Pursuant to the Reorganization, among other steps, (i) Unitholders will receive limited partnership units of Starlight U.S. Residential Fund (Multi-Family) Investment LP (“SURF LP“), whose limited partnership agreement will be amended and restated to reflect the terms of the existing declaration of trust of the Fund to the extent possible, subject to necessary modification and certain other differences described in the Agreement, (ii) provided the foreclosure of the Fund’s Emerson at Buda property has not been completed, Buda Mezz LLC, the indirect owner of Emerson at Buda, will be distributed to Starlight Group, subject to the consent and other rights of the lender, (iii) the “carried interest” entitlements of Starlight Group and the President of the Fund in the Fund structure will be cancelled, (iv) the legacy entities from the Fund’s former single-family residential holding structure which currently does not own any assets and does not generate any revenue will be distributed to Starlight Group, and (v) the Fund will be dissolved and terminated. In addition, the term of SURF LP will expire on November 2029, being three years from the current expiry of the Fund in November 2026.

Emerson at Buda is currently valued by the Fund at less than the associated loans. As disclosed previously, Emerson at Buda was unable to satisfy the loan extension conditions in respect of its outstanding loans and, accordingly, is in default in respect of the obligation to repay the associated loans at maturity. As noted above, foreclosure proceedings have been commenced in respect of Emerson at Buda.

All Unitholders will receive either Class A limited partnership units of SURF LP denominated in Canadian-dollars or, if the USD Class Vote (as defined below) fails to achieve the requisite majority, holders of trust units of the Fund denominated in U.S. dollars will receive Class U limited partnership units of SURF LP denominated in U.S. dollars. Unitholders will receive Class A or Class U limited partnership units based on the existing entitlements and exchange ratios applicable to each Unitholder’s current class of units.

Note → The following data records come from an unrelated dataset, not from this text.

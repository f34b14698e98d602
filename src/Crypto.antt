-- ===== src/Crypto.antt =====
-- internal/crypto/crypto.go: the checks around Argon2id and XChaCha20-Poly1305. The two primitives
-- come from golang.org/x/crypto: they are a record of functions here, with the two facts about them
-- that the code relies on. What the random reader delivers is an argument of each call.
pub mod Laws
use back_orbit.Base.{
  ℕ, ◌*◌, ◌≡◌, Bool, Option, none, some, Bytes, length, take, ltb, leb, ◌==◌, nat_eq, Result, ok,
  err, ◌>>=◌, ◌>>◌, guard,
}

abbrev pub key_size : ℕ
key_size = 32

abbrev pub nonce_size : ℕ
nonce_size = 24

abbrev pub salt_size : ℕ
salt_size = 16

-- `argon2.IDKey` at length `key_size`, and the AEAD that `chacha20poly1305.NewX` returns for a key.
pub record Primitives : Type 0 where
  pub id_key : Bytes → Bytes → ℕ → ℕ → ℕ → Bytes
  pub aead_seal : Bytes → Bytes → Bytes → Bytes → Bytes
  pub aead_open : Bytes → Bytes → Bytes → Bytes → Option Bytes
  pub id_key_length :
      (passphrase salt : Bytes) (t m p : ℕ) → length (id_key passphrase salt t m p) ≡ key_size
  pub aead_open_seal :
      (key nonce plaintext associated : Bytes)
      → length key ≡ key_size
      → length nonce ≡ nonce_size
      → aead_open key nonce (aead_seal key nonce plaintext associated) associated ≡ some plaintext

pub data CryptoError : Type 0 where
  decrypt_failed bad_time_cost bad_memory_cost bad_parallelism short_salt bad_key_size
        random_failed :
      CryptoError

pub record KdfParams : Type 0 where
  pub time_cost : ℕ  -- uint32
  pub memory_kib : ℕ  -- uint32
  pub parallelism : ℕ  -- uint8

unfoldable pub default_kdf_params : KdfParams
default_kdf_params = record { time_cost = 4; memory_kib = 256 * 1024; parallelism = 4 }

-- `randomBytes`: `io.ReadFull` fails if the reader delivers too little.
unfoldable pub random_bytes : ℕ → Bytes → Result CryptoError Bytes
random_bytes n delivered = do guard (leb n (length delivered)) random_failed; ok (take n delivered)

unfoldable pub new_salt : Bytes → Result CryptoError Bytes
new_salt = random_bytes salt_size

unfoldable pub new_key : Bytes → Result CryptoError Bytes
new_key = random_bytes key_size

-- The cases of the switch, in its order.
unfoldable pub validate : KdfParams → Result CryptoError (Unit {0})
validate p = do
  guard (leb 1 p.time_cost) bad_time_cost
  guard (leb (8 * 1024) p.memory_kib) bad_memory_cost
  guard (leb 1 p.parallelism) bad_parallelism

module _ (c : Primitives) where
  unfoldable pub derive_key : Bytes → Bytes → KdfParams → Result CryptoError Bytes
  derive_key passphrase salt p = do
    guard (leb salt_size (length salt)) short_salt
    validate p
    ok (c.id_key passphrase salt p.time_cost p.memory_kib p.parallelism)

  -- The ciphertext and the nonce.
  unfoldable pub seal : Bytes → Bytes → Bytes → Bytes → Result CryptoError (Bytes × Bytes)
  seal key plaintext associated delivered = do
    guard (length key == key_size) bad_key_size
    nonce ← random_bytes nonce_size delivered
    ok (c.aead_seal key nonce plaintext associated, nonce)

  opened : Option Bytes → Result CryptoError Bytes
  opened none = err decrypt_failed
  opened (some plaintext) = ok plaintext

  unfoldable pub open_sealed : Bytes → Bytes → Bytes → Bytes → Result CryptoError Bytes
  unfolding opened
  open_sealed key ciphertext nonce associated = do
    guard (length key == key_size) bad_key_size
    guard (length nonce == nonce_size) decrypt_failed
    opened (c.aead_open key nonce ciphertext associated)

The purposes of the Reorganization are, among other things, to simplify the Fund’s capital structure, including by reducing the number of classes of units from nine to one (or, depending on the result of the USD Class Vote, two), increasing liquidity for investors by having all of the resulting units listed on a stock exchange, eliminating compliance associated with the Fund being a trust and with the maintenance of the legacy entities within the former single-family residential holding structure, and eliminating potential for Starlight Group and the President of the Fund to receive any “carried interest”.

It is a condition of closing of the Reorganization that the Class A and, if applicable, Class U limited partnership units of SURF LP be listed and posted for trading on the TSX Venture Exchange. Listing is subject to the approval of the TSX Venture Exchange in accordance with its applicable listing requirements.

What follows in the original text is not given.